Deno treats TypeScript as a first-class language, just like JavaScript or WebAssembly. It converts TypeScript (as well as TSX and JSX) into JavaScript, using a combination of the TypeScript compiler, which is built into Deno, and a Rust library called swc. When the code has been type-checked (if checking is enabled) and transformed, it is stored in a cache. In other words, unlike Node.js or a browser, you don’t need to manually transpile your TypeScript for Deno with the tsc compiler.

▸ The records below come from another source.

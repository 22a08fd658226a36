-- ===== src/Pipeline/Publish/Reach.antt =====
-- What the pipelines of ceilometer/pipeline.py hand to their sinks.
use stx_ceilometer.Prelude.{
  ◌<◌, String, ◌≡◌, ◌≢◌, refl, sym, ap, ◌∙◌, Bool, true, false, ◌&&◌, ◌⊎◌, inl, inr, List, [], ◌∷◌,
  ◌++◌, append-nil, append_assoc, arith, Result, ok, raise, Exception, length, All, string_eq,
  filter, value_error,
}
use stx_ceilometer.Pipeline.Source.{PipelineSource, support}
use stx_ceilometer.Pipeline.Sink.{Sink, Publish, TransformerBase, publish_samples, publish_events}
use stx_ceilometer.Pipeline.Sink.Delivery.{calls_of, IsBuilt, publish_events-multi}
use stx_ceilometer.Pipeline.Publish.{
  missing, number, other, items, accepts, accepts-raise, Volume, Batch, listed, select_if, for_each,
  EventPipeline, publish_event_data, publish_event_context, is_wanted, publish_sample_data,
  validate_volume, other, items,
}

select_if_lem :
    {S : Type 0} (test : S → Result Bool) (plain : S → Bool) (xs : List S)
    → ((x : S) → test x ≡ ok (plain x))
    → select_if test xs ≡ ok (filter plain xs)
unfolding select_if
select_if_lem test plain [] h = refl
select_if_lem test plain (x ∷ xs) h = ground (arith, h x, select_if_lem test plain xs h)

select_if-raise :
    {S : Type 0} (test : S → Result Bool) (before : List S) (s : S) (rest : List S) (e : Exception)
    → All (λ x. (b : Bool) × (test x ≡ ok b)) before
    → test s ≡ raise e
    → select_if test (before ++ s ∷ rest) ≡ raise e
unfolding select_if
select_if-raise test [] s rest e fine h = ground arith
select_if-raise test (x ∷ before) s rest e ((b, passes), fine) h =
    ground (arith, select_if-raise test before s rest e fine h)

for_each-ok :
    {A W : Type 0} (step : A → W → Result (Unit {0}) × W) (a : A) (rest : List A) (w : W)
    → (step a w).0 ≡ ok tt
    → for_each step (a ∷ rest) w ≡ for_each step rest (step a w).1
unfolding for_each
for_each-ok step a rest w h = ground arith

module _ {E W T : Type 0} (fnmatch : String → String → Bool) (event_type : E → String)
    (publish : Publish E W) (calls : W → List (String × List E))
    (recorded : (p : String) (batch : List E) (w : W)
      → calls (publish p batch w).1 ≡ calls w ++ (p, batch) ∷ []) where
  -- The calls of publishers that a batch should cause: each pipeline's, in order, with the events
  -- that its source supports.
  abbrev pub due_calls :
      (EventPipeline T → String → Bool) → List (EventPipeline T) → List E → List (String × List E)
  due_calls supports [] events = []
  due_calls supports (pipe ∷ pipes) events =
      calls_of pipe.sink.publishers (filter (λ e. supports pipe (event_type e)) events)
      ++ due_calls supports pipes events

  module _ (supports : EventPipeline T → String → Bool) where
    -- The source answers for every name, and the sink was built with two publishers or more.
    abbrev pub IsFit : EventPipeline T → Type 0
    IsFit pipe =
        ((name : String) → support fnmatch pipe.source name ≡ ok (supports pipe name))
        × IsBuilt pipe.sink
        × (1 < length pipe.sink.publishers)

    publish_event_data_lem :
        (batch : Batch E) (pipe : EventPipeline T) (w : W)
        → IsFit pipe
        → publish_event_data fnmatch event_type publish batch pipe w
          ≡ publish_events publish pipe.sink
              (filter (λ e. supports pipe (event_type e)) (listed batch))
              w
    unfolding publish_event_data
    publish_event_data_lem batch pipe w (answers, built, many) =
        rw
          (select_if_lem (λ e. support fnmatch pipe.source (event_type e))
            (λ e. supports pipe (event_type e)) (listed batch) (λ e. answers (event_type e)))
          refl

    -- Events that are published through a context reach, for each of its pipelines in order, every
    -- publisher of the pipeline's sink once, with exactly the events that the pipeline's source
    -- supports, and nothing is raised, whichever publishers fail. Each sink has two publishers or
    -- more, and the sources answer for every name.
    pub publish_event_context-reach :
        (pipes : List (EventPipeline T)) (batch : Batch E) (w : W)
        → All IsFit pipes
        → ((publish_event_context fnmatch event_type publish pipes batch w).0 ≡ ok tt)
          × (calls (publish_event_context fnmatch event_type publish pipes batch w).1
              ≡ calls w ++ due_calls supports pipes (listed batch))
    unfolding publish_event_context for_each
    publish_event_context-reach [] batch w h = (refl, sym (append-nil (calls w)))
    publish_event_context-reach (pipe ∷ pipes) batch w ((answers, built, many), later) =
        let kept = filter (λ e. supports pipe (event_type e)) (listed batch) in
        let (quiet, called) =
          publish_events-multi publish calls recorded pipe.sink kept w built many in
        let w' = (publish_events publish pipe.sink kept w).1 in
        let (done, all_called) = publish_event_context-reach pipes batch w' later in
        let step = publish_event_data fnmatch event_type publish {T = T} batch in
        let one = publish_event_data_lem batch pipe w (answers, built, many) in
        let on : publish_event_context fnmatch event_type publish (pipe ∷ pipes) batch w
            ≡ publish_event_context fnmatch event_type publish pipes batch w' =
          for_each-ok step pipe pipes w (ap (λ out. out.0) one ∙ quiet)
          ∙ ap (λ (out : Result (Unit {0}) × W). for_each step pipes out.1) one in
        rw on (
          done,
          all_called
              ∙ ap (λ l. l ++ due_calls supports pipes (listed batch)) called
              ∙ append_assoc (calls w) (calls_of pipe.sink.publishers kept)
                  (due_calls supports pipes (listed batch)),
        )

Result-cases :
    {F : Type 0} (r : Result F) → ((n : F) × (r ≡ ok n)) ⊎ ((e : Exception) × (r ≡ raise e))
Result-cases (ok n) = inl (n, refl)
Result-cases (raise e) = inr (e, refl)

-- Which volumes `_validate_volume` lets through: numbers, and what `float` converts.
abbrev pub is_numeric : {V F : Type 0} → (V → Result F) → Volume V → Bool
is_numeric float missing = false
is_numeric float number = true
is_numeric float (other v) = elim (float v) [ ok n ↦ true | raise e ↦ false ]

module _ {S V F T W : Type 0} (fnmatch : String → String → Bool) (name_of : S → String)
    (volume_of : S → Volume V) (float : V → Result F) (ops : TransformerBase T S)
    (publish : Publish S W) where
  validate_volume_lem :
      (volume : Volume V)
      → ((v : V) (e : Exception) → float v ≡ raise e → e ≡ value_error)
      → validate_volume float volume ≡ ok (is_numeric float volume)
  unfolding validate_volume accepts
  validate_volume_lem missing h = refl
  validate_volume_lem number h = refl
  validate_volume_lem (other v) h = elim (Result-cases (float v)) [
    | inl (n, converted) ↦ ground arith
    | inr (e, raised) ↦ let known = h v e raised in ground arith
  ]

  -- The samples of a supported name whose volume is numeric.
  abbrev pub wanted : (String → Bool) → Batch S → List S
  wanted supports batch =
      filter (λ s. supports (name_of s) && is_numeric float (volume_of s)) (listed batch)

  -- A sample pipeline whose source answers for every name hands its sink exactly the samples that
  -- the source supports and whose volume is a number or is converted by `float`, and raises nothing,
  -- if `float` raises nothing but ValueError.
  pub publish_sample_data-kept :
      (batch : Batch S) (source : PipelineSource) (sink : Sink T) (w : W) (supports : String → Bool)
      → ((name : String) → support fnmatch source name ≡ ok (supports name))
      → ((v : V) (e : Exception) → float v ≡ raise e → e ≡ value_error)
      → publish_sample_data fnmatch name_of volume_of float ops publish batch source sink w ≡ (
        ok tt,
        (publish_samples ops publish sink (wanted supports batch) w).0,
        (publish_samples ops publish sink (wanted supports batch) w).1,
      )
  unfolding publish_sample_data is_wanted
  publish_sample_data-kept batch source sink w supports answers converts =
      rw
        (select_if_lem (is_wanted fnmatch name_of volume_of float ops publish source)
          (λ s. supports (name_of s) && is_numeric float (volume_of s)) (listed batch)
          (λ s. ground (arith, answers (name_of s), validate_volume_lem (volume_of s) converts)))
        refl

  -- A sample that its source supports, and for whose volume `float` raises another exception than
  -- ValueError, keeps every sample of its batch from the sink, where the samples before it are
  -- tested without an exception: `publish_data` raises that exception and neither the sink nor the
  -- outside changes.
  pub publish_sample_data-raise :
      (before : List S) (s : S) (rest : List S) (source : PipelineSource) (sink : Sink T) (w : W)
      (v : V) (e : Exception)
      → All
          (λ x.
            (b : Bool) × (is_wanted fnmatch name_of volume_of float ops publish source x ≡ ok b))
          before
      → support fnmatch source (name_of s) ≡ ok true
      → volume_of s ≡ other v
      → float v ≡ raise e
      → e ≢ value_error
      → publish_sample_data fnmatch name_of volume_of float ops publish
          (items (before ++ s ∷ rest))
          source
          sink
          w
        ≡ (raise e, sink, w)
  unfolding publish_sample_data is_wanted validate_volume
  publish_sample_data-raise before s rest source sink w v e fine supported volume fails strange =
      let refused : is_wanted fnmatch name_of volume_of float ops publish source s ≡ raise e =
        rw (supported, volume, fails) (accepts-raise F e strange) in
      rw
        (select_if-raise (is_wanted fnmatch name_of volume_of float ops publish source) before s
          rest e fine refused)
        refl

As of Deno 1.23, there is no TypeScript type-checking in Deno by default. Since most developers interact with the type-checker through their editor, type-checking again when Deno starts up doesn’t make a lot of sense. That said, you can enable type-checking with the --check flag to Deno.

NodeJS or Deno?

As you might expect, the answer of which technology is better for your use case depends on many factors. My bottom line: If you have an existing Node.js deployment that isn’t broken, then don’t fix it. If you have a new project that you intend to write in TypeScript, then I'd strongly consider Deno. However, if your TypeScript project needs to use multiple Node.js packages that do not have Deno equivalents, you will need to weigh the Deno project's feasibility. Starting with a proof-of-concept is pretty much mandatory: It’s hard to predict whether you can make a given Node.js package work in Deno without trying it.